Google new algorithm — AlphaZero. He learned three games without human intervention
Google has released a new version of the DeepMind algorithm. Previously, he was a world champion at the game of go — AlphaGo beat the world’s strongest player with the score 3:0 in may 2017. Now it’s time for his heir called AlphaZero.
The algorithm cleared the leadership table in three disciplines: chess, go and Shogi (Japanese chess game). AlphaZero had worked out on their own, without human intervention. All preliminary matches went to 3 days, depending on the game. Using the principle of “reinforcement learning” algorithm conducted a test of the party, rewarding yourself for the moves that led to success. As the only introductory was the basic rules of the games, the creators of the project, certify, AlphaZero is completely free from human ideas about tactics and strategy.
This had an impact on performance. According to the results of 1000 parties in every game, AlphaZero knocked out the victory from their computer opponents: software systems Stockfish and Elmo, as well as the previous version of DeepMind called AlphaZeroGo. The worst result when playing as black in chess. So the algorithm won just 2% of the vote, brought by 97.2% in a draw and lost 0.8% battles. The most convincing result of the game Shogi for black AlphaZero won 98.2% of meetings.
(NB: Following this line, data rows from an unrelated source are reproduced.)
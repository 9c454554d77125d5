-- ===== src/Elevation/RackElevation.antt =====
-- RackElevation.tsx: a copy of the rack's mouse handling, with its own sizes and queries.
use datacenter_manager.Prelude.{
  ℕ, String, ◌≡◌, refl, Bool, true, false, not, ◌&&◌, Option, none, some, List, [], ◌∷◌,
  if◌then◌else◌, arith,
}
use datacenter_manager.Prelude.Int.{ℤ, eqb_ℤ}
use datacenter_manager.Topology.{RackElevationDevice, RackElevationResponse}
use datacenter_manager.Elevation.{
  Widget, State, DragState, ResizeState, MouseEvent, Put, rack_unit_start, rack_unit_size, Effect,
  has_conflict, handle_mouse_move, handle_mouse_up, after_put, occupied_slots, rack_devices,
  commit_drag, commit_resize, released,
}

abbrev pub widget : Widget
widget = record {
  u_height = 24;
  keeps_pdus = false;
  invalidates = λ rack_id.
      ("topology" ∷ "rack-elevation" ∷ rack_id ∷ []) ∷ ("topology" ∷ "floor-plan" ∷ []) ∷ [];
}

-- `elevation?.devices ?? []`, without the PDUs where the view keeps them on the rails.
abbrev pub shown_devices : Option RackElevationResponse → List RackElevationDevice
shown_devices none = rack_devices widget []
shown_devices (some e) = rack_devices widget e.devices

abbrev pub total_u : ℤ → Option RackElevationResponse → ℤ
total_u fallback none = fallback
total_u fallback (some e) = e.total_units

-- `occupiedSlots`
pub occupied : Option RackElevationResponse → List ℤ
unfolding occupied_slots rack_devices
occupied elevation = occupied_slots (shown_devices elevation)

-- `handleMouseMove`
pub mouse_move : ℕ → ℤ → Option RackElevationResponse → MouseEvent → State → State
unfolding handle_mouse_move
mouse_move scale fallback elevation e s =
    handle_mouse_move widget scale (total_u fallback elevation) e s

-- `handleMouseUp` of this view puts both tests in one condition.
drag_write : List RackElevationDevice → DragState → Option Put
drag_write devices d =
    if not (eqb_ℤ d.current_unit d.original_unit)
      && not (has_conflict devices d.device_id d.current_unit d.device_height)
    then some (record { device_id = d.device_id; patch = rack_unit_start d.current_unit })
    else none

resize_write : List RackElevationDevice → ResizeState → Option Put
resize_write devices r =
    if not (eqb_ℤ r.current_height r.original_height)
      && not (has_conflict devices r.device_id r.unit_start r.current_height)
    then some (record { device_id = r.device_id; patch = rack_unit_size r.current_height })
    else none

mouse_released :
    List RackElevationDevice → State → Option DragState → Option ResizeState → State × Option Put
mouse_released devices s (some d) _ =
    (record s { drag = none; text_selectable = true }, drag_write devices d)
mouse_released devices s none (some r) =
    (record s { resize = none; text_selectable = true }, resize_write devices r)
mouse_released devices s none none = (record s { text_selectable = true }, none)

pub mouse_up : Option RackElevationResponse → State → State × Option Put
unfolding drag_write resize_write mouse_released rack_devices
mouse_up elevation s = mouse_released (shown_devices elevation) s s.drag s.resize

pub put_answered : String → Bool → List Effect
unfolding after_put
put_answered rack_id accepted = after_put widget rack_id accepted

released-eq :
    (devices : List RackElevationDevice) (s : State) (d : Option DragState) (r : Option ResizeState)
    → mouse_released devices s d r ≡ released devices s d r
unfolding mouse_released drag_write resize_write released commit_drag commit_resize
released-eq devices s (some d) r = ground arith
released-eq devices s none (some r) = ground arith
released-eq devices s none none = refl

-- The view's own form of the release agrees with that of the rack diagram, for every elevation and
-- state: the same state is left and the same request is sent.
pub mouse_up-eq-handle_mouse_up :
    (elevation : Option RackElevationResponse) (s : State)
    → mouse_up elevation s ≡ handle_mouse_up (shown_devices elevation) s
unfolding mouse_up handle_mouse_up
mouse_up-eq-handle_mouse_up elevation s = released-eq (shown_devices elevation) s s.drag s.resize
But as the researchers write success AlphaZero difficult to apply to the real world. His teaching methods work well only in strictly limited conditions with a finite number of modifiable parameters. Game rules — the perfect environment in this framework. In the real world, the algorithm is no clear application. Now researchers from Google are going to move on and train the algorithms for the game of poker, which is poorly to artificial intelligence because of the limited access to information.